The first serious publication of the prose writer was the story "The wind is looking for you." After some time, the essay "Stofato's Departure" was published, it was published in the magazine "Spark". Rasputin had his first admirers, and soon more than a million Soviet residents read him. In 1966, the first collection of the writer was published in Irkutsk under the title "The Land Near the Sky". It includes old and new works written in different periods of life.

A year later, a second book of stories was published in Krasnoyarsk, it was called "A Man from This World." At the same time, the Angara almanac publishes the story of Valentin Grigorievich "Money for Mary". A little later, this work was published as a separate book. After publication, the prose writer becomes a member of the Writers' Union and finally stops doing journalism. He decided to devote his future life exclusively to creativity.

In 1967, the weekly "Literaturnaya Rossiya" published the following essay by Rasputin under the title "Vasily and Vasilisa". In this story, you can already trace the original style of the writer. He managed to reveal the characters of the characters with very concise phrases, and the storyline was always supplemented by descriptions of landscapes. All the characters in the prose writer's works were strong in spirit.

Creativity Peak

In 1970, the story "Deadline" was published. It is this work that is considered one of the key in the author's work, people all over the world read the book with pleasure. It was translated into 10 languages, critics called this work "a fire near which you can warm your soul." The prose writer emphasized simple human values ​​that everyone should remember. He raised questions in his books that his colleagues did not dare to speak about.

Valentin Grigoryevich did not dwell on this, in 1974 his story “Live and Remember” was published, and in 1976 - “Farewell to Matyora”. After these two works, Rasputin was recognized as one of the best contemporary writers. In 1977 he received the State Prize of the USSR. In 1979, Valentin became a member of the editorial board of the Literary Monuments of Siberia series.

In 1981, the stories “Live for a century - love a century”, “Natasha” and “What to convey to a crow” were published. In 1985, the writer published the story "Fire", which touched readers to the core due to acute and modern issues. Over the following years, the essays "Unexpectedly, Unexpectedly", "Down the Lena River" and "Father's Limits" were published. In 1986, the prose writer was elected secretary of the board of the Writers' Union, later he managed to become co-chairman.

last years of life

Rasputin spent most of his life in Irkutsk. In 2004, the prose writer presented his book Ivan's Daughter, Ivan's Mother. Two years later, the third edition of the collection "Siberia, Siberia" appeared on sale.

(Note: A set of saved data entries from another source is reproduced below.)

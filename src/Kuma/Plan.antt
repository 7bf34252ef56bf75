-- ===== src/Kuma/Plan.antt =====
-- When `plan` of internal/kuma/reconcile.go finds nothing to do.
use almanaut.Base.{
  Bool, List, Option, [], all, any, ap, arith, bool_eq, false, list_eq, nat_eq, none, not, pair_eq,
  refl, some, string_eq, sym, true, ℕ, ◌&&◌, ◌++◌, ◌==◌, ◌↔◌, ◌∙◌, ◌∷◌, ◌≡◌,
}
use almanaut.Base.Assoc.{Assoc, has_key, lookup, retain}
use almanaut.Base.Sort.{sort_by-any}
use almanaut.Base.Text.{Text}
use almanaut.Inventory.{Service}
use almanaut.Kuma.{
  Action, Mapping, Monitor, creations, desire, managed, plan, prepend_action, row_action,
}

-- A row of the mapping, the monitor it names and what its service asks for agree.
abbrev pub agrees : Option Monitor → Option Monitor → Bool
agrees (some cur) (some want) = cur.name == want.name && cur.url == want.url
agrees none (some want) = false
agrees (some cur) none = false
agrees none none = false

-- Every row agrees, and every service that asks for a monitor has a row.
abbrev pub in_sync : Assoc ℕ Monitor → Mapping → Assoc ℕ Monitor → Bool
in_sync desired mapping existing =
    all (λ row. agrees (lookup row.1 existing) (lookup row.0 desired)) mapping
    && all (λ wish. has_key wish.0 mapping) desired

is_empty : List Action → Bool
is_empty [] = true
is_empty (a ∷ actions) = false

is_empty-append : (xs ys : List Action) → is_empty (xs ++ ys) ≡ (is_empty xs && is_empty ys)
unfolding is_empty
is_empty-append [] ys = refl
is_empty-append (x ∷ xs) ys = refl

row_action-agrees :
    (service mid : ℕ) (cur want : Option Monitor) (actions : List Action)
    → is_empty (prepend_action (row_action service mid cur want) actions)
      ≡ (agrees cur want && is_empty actions)
unfolding is_empty
row_action-agrees service mid (some cur) (some want) actions = ground arith
row_action-agrees service mid none (some want) actions = refl
row_action-agrees service mid (some cur) none actions = refl
row_action-agrees service mid none none actions = refl

-- A row that does not agree.
abbrev drifts : Assoc ℕ Monitor → Assoc ℕ Monitor → ℕ × ℕ → Bool
drifts desired existing row = not (agrees (lookup row.1 existing) (lookup row.0 desired))

is_empty-managed :
    (desired existing : Assoc ℕ Monitor) (rows : Mapping)
    → is_empty (managed desired existing rows) ≡ not (any (drifts desired existing) rows)
unfolding managed is_empty
is_empty-managed desired existing [] = refl
is_empty-managed desired existing ((service, mid) ∷ rows) =
    rw
      (
        row_action-agrees service mid (lookup mid existing) (lookup service desired)
            (managed desired existing rows),
        is_empty-managed desired existing rows,
      )
      (ground arith)

abbrev anything : ℕ × Monitor → Bool
anything wish = true

is_empty-creations :
    (wanted : Assoc ℕ Monitor) → is_empty (creations wanted) ≡ not (any anything wanted)
unfolding creations is_empty
is_empty-creations [] = refl
is_empty-creations (wish ∷ wanted) = refl

any-retain :
    (mapping : Mapping) (desired : Assoc ℕ Monitor)
    → any anything (retain (λ service want. not (has_key service mapping)) desired)
      ≡ not (all (λ wish. has_key wish.0 mapping) desired)
unfolding retain
any-retain mapping [] = refl
any-retain mapping ((service, want) ∷ desired) = ground (arith, any-retain mapping desired)

any-drifts :
    (desired existing : Assoc ℕ Monitor) (rows : Mapping)
    → any (drifts desired existing) rows
      ≡ not (all (λ row. agrees (lookup row.1 existing) (lookup row.0 desired)) rows)
any-drifts desired existing [] = refl
any-drifts desired existing (row ∷ rows) = ground (arith, any-drifts desired existing rows)

-- The plan is empty exactly if the two sides are in sync: every row of the mapping has its monitor in
-- Kuma and a service that asks for just its name and URL, and every service that asks for a monitor
-- has a row.
pub plan-nil :
    (parse_url : Text → Option (Text × Text)) (services : List Service) (mapping : Mapping)
    (existing : Assoc ℕ Monitor)
    → ((plan parse_url services mapping existing).0 ≡ [])
      ↔ (in_sync (desire parse_url services []) mapping existing ≡ true)
unfolding plan is_empty
plan-nil parse_url services mapping existing =
    let desired = desire parse_url services [] in
    let counted : is_empty (plan parse_url services mapping existing).0
        ≡ in_sync desired mapping existing =
      rw
        (
          is_empty-append,
          is_empty-managed,
          is_empty-creations,
          sort_by-any,
          sort_by-any,
          any-drifts desired existing mapping,
          any-retain mapping desired,
        )
        (ground arith) in
    (λ h. sym counted ∙ ap is_empty h, λ h. empty_nil _ (counted ∙ h))
  where
    empty_nil : (actions : List Action) → is_empty actions ≡ true → actions ≡ []
    empty_nil [] h = refl
    empty_nil (a ∷ actions) h = cc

Valentin Grigorievich was the owner of many prestigious awards. He was awarded the title of Hero of Socialist Labor. The prose writer was a holder of the Orders of Lenin and the Red Banner of Labor. In 2008 he received an award for his contribution to Russian literature. In 2010, the writer was nominated for the Nobel Prize in Literature. At the same time, his stories are included in the school curriculum for extracurricular reading.

In adulthood, Rasputin began to actively participate in journalistic and social activities. The prose writer had a negative attitude towards the period of perestroika, he did not perceive liberal values, remaining with his conservative views. The writer fully supported the position of Stalin, considered it the only true one, did not recognize other options for the worldview.

From 1989 to 1990 he was a member of the Presidential Council during the reign of Mikhail Gorbachev, but colleagues did not listen to the opinion of Valentin. Later, the writer stated that he considered politics too dirty, he reluctantly recalled this period of his life. In the summer of 2010, Rasputin was elected a member of the Patriarchal Council for Culture, he represents the Orthodox Church.

On July 30, 2012, the writer joins the ranks of the persecutors of the feminist group Pussy Riot. He calls for capital punishment for girls, and also criticizes everyone who supported them. Rasputin published his statement under the title "Conscience does not allow silence."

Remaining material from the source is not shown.